> _INFORMATION SHOWN_
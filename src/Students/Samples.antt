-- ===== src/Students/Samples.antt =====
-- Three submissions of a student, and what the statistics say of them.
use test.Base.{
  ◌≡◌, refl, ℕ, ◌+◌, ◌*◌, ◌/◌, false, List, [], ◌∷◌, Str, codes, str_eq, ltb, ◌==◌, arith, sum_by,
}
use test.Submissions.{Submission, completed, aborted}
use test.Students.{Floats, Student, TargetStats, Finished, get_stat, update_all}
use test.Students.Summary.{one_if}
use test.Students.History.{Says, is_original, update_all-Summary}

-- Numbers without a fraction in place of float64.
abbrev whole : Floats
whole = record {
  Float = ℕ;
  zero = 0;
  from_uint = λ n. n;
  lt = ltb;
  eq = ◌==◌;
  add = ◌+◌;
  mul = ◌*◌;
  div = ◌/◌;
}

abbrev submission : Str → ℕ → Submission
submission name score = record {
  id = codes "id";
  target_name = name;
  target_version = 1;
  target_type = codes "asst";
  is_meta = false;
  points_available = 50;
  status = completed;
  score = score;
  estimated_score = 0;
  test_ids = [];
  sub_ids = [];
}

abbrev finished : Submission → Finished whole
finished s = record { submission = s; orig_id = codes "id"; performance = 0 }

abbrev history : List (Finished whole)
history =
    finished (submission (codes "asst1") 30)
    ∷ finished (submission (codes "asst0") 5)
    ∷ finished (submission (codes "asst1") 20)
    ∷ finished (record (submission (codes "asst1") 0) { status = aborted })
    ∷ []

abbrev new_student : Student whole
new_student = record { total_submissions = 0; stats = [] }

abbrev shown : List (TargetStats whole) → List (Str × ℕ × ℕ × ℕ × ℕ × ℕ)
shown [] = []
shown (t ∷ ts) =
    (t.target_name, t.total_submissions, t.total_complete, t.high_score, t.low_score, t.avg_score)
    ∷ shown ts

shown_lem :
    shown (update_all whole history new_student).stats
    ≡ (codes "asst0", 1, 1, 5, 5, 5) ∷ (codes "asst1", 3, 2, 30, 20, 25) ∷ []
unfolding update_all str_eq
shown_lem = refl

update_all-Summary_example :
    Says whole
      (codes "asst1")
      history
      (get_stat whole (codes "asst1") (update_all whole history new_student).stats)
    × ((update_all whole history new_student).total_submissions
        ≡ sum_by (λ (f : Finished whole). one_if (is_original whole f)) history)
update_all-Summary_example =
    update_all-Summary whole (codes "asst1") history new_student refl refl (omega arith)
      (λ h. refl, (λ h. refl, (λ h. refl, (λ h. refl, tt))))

> _WHAT YOU ARE ASKED TO DO_
Nothing may be omitted or altered; reproduce all of the entries.

> _ANSWER TO THE PROBLEM_
filename src/Students/Samples.antt
-- ===== src/Students/Samples.antt =====
-- Three submissions of a student, and what the statistics say of them.
use test.Base.{
  ◌≡◌, refl, ℕ, ◌+◌, ◌*◌, ◌/◌, false, List, [], ◌∷◌, Str, codes, str_eq, ltb, ◌==◌, arith, sum_by,
}
use test.Submissions.{Submission, completed, aborted}
use test.Students.{Floats, Student, TargetStats, Finished, get_stat, update_all}
use test.Students.Summary.{one_if}
use test.Students.History.{Says, is_original, update_all-Summary}

-- Numbers without a fraction in place of float64.
abbrev whole : Floats
whole = record {
  Float = ℕ;
  zero = 0;
  from_uint = λ n. n;
  lt = ltb;
  eq = ◌==◌;
  add = ◌+◌;
  mul = ◌*◌;
  div = ◌/◌;
}

abbrev submission : Str → ℕ → Submission
submission name score = record {
  id = codes "id";
  target_name = name;
  target_version = 1;
  target_type = codes "asst";
  is_meta = false;
  points_available = 50;
  status = completed;
  score = score;
  estimated_score = 0;
  test_ids = [];
  sub_ids = [];
}

abbrev finished : Submission → Finished whole
finished s = record { submission = s; orig_id = codes "id"; performance = 0 }

abbrev history : List (Finished whole)
history =
    finished (submission (codes "asst1") 30)
    ∷ finished (submission (codes "asst0") 5)
    ∷ finished (submission (codes "asst1") 20)
    ∷ finished (record (submission (codes "asst1") 0) { status = aborted })
    ∷ []

abbrev new_student : Student whole
new_student = record { total_submissions = 0; stats = [] }

abbrev shown : List (TargetStats whole) → List (Str × ℕ × ℕ × ℕ × ℕ × ℕ)
shown [] = []
shown (t ∷ ts) =
    (t.target_name, t.total_submissions, t.total_complete, t.high_score, t.low_score, t.avg_score)
    ∷ shown ts

shown_lem :
    shown (update_all whole history new_student).stats
    ≡ (codes "asst0", 1, 1, 5, 5, 5) ∷ (codes "asst1", 3, 2, 30, 20, 25) ∷ []
unfolding update_all str_eq
shown_lem = refl

update_all-Summary_example :
    Says whole
      (codes "asst1")
      history
      (get_stat whole (codes "asst1") (update_all whole history new_student).stats)
    × ((update_all whole history new_student).total_submissions
        ≡ sum_by (λ (f : Finished whole). one_if (is_original whole f)) history)
update_all-Summary_example =
    update_all-Summary whole (codes "asst1") history new_student refl refl (omega arith)
      (λ h. refl, (λ h. refl, (λ h. refl, (λ h. refl, tt))))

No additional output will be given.